Problem description:
Scan the entries below for the word "unfolding", then copy each line that holds it.

Information:
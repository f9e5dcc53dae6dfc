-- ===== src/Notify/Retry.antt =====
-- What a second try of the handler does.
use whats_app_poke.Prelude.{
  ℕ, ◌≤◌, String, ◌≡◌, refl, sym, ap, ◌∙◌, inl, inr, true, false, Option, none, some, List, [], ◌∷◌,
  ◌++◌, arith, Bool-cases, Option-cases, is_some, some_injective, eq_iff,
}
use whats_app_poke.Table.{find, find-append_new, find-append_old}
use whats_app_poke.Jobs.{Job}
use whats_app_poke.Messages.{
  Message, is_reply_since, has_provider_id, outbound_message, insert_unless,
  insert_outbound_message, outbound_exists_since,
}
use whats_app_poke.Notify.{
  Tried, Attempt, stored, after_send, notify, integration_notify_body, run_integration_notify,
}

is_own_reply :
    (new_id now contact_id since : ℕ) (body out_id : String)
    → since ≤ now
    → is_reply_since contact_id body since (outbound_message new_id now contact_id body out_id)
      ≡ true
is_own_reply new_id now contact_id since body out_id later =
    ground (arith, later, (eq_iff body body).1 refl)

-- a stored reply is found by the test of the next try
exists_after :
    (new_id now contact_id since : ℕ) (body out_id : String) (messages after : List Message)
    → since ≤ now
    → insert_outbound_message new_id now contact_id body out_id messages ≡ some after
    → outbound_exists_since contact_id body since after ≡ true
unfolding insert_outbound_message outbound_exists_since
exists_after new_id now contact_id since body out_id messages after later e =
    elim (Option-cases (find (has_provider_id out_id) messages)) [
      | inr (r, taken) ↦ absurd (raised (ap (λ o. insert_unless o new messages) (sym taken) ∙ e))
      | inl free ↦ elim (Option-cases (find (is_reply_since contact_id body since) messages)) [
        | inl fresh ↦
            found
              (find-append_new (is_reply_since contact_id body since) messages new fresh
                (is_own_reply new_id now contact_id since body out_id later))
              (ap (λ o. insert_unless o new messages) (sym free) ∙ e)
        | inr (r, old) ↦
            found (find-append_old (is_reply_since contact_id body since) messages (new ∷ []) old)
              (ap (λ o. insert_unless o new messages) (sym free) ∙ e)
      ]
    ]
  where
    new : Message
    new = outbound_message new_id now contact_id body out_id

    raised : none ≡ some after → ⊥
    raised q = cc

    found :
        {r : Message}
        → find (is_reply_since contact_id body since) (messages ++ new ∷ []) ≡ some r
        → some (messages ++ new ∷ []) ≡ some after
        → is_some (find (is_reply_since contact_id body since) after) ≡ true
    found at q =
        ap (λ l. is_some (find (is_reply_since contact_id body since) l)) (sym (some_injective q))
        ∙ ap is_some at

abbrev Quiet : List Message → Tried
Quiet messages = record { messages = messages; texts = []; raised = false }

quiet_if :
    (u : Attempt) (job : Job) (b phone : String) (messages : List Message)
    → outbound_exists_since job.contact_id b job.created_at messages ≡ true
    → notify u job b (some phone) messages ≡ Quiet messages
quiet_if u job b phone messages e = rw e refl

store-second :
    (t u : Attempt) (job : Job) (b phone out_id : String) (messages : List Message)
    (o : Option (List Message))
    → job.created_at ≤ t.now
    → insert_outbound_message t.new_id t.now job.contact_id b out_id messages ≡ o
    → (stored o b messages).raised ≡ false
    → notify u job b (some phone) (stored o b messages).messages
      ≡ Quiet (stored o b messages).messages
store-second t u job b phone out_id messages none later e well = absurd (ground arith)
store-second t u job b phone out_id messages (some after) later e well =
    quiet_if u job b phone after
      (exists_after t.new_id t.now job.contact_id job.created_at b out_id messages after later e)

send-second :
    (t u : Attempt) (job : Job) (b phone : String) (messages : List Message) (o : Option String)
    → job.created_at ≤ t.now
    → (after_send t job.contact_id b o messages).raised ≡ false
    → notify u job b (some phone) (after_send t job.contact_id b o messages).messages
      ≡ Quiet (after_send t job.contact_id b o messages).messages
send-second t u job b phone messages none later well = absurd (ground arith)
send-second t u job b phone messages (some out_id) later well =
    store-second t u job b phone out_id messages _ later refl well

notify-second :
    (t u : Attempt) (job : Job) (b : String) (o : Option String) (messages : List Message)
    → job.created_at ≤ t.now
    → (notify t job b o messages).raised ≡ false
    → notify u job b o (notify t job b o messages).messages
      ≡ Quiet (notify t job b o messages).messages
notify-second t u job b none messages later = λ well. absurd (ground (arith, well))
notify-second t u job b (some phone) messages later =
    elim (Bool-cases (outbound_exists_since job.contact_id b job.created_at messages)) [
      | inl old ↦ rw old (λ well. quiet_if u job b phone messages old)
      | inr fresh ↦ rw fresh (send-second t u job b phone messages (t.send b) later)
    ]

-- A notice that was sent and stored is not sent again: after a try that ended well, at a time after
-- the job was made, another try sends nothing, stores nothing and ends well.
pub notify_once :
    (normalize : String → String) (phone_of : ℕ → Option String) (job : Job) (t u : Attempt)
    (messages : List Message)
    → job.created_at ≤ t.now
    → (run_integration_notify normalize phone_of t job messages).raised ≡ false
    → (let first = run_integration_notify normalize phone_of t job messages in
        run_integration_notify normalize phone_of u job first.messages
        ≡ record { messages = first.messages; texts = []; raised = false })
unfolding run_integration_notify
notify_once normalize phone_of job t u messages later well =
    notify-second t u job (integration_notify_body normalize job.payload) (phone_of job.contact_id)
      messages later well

Worked solution:
unfolding insert_outbound_message outbound_exists_since
unfolding run_integration_notify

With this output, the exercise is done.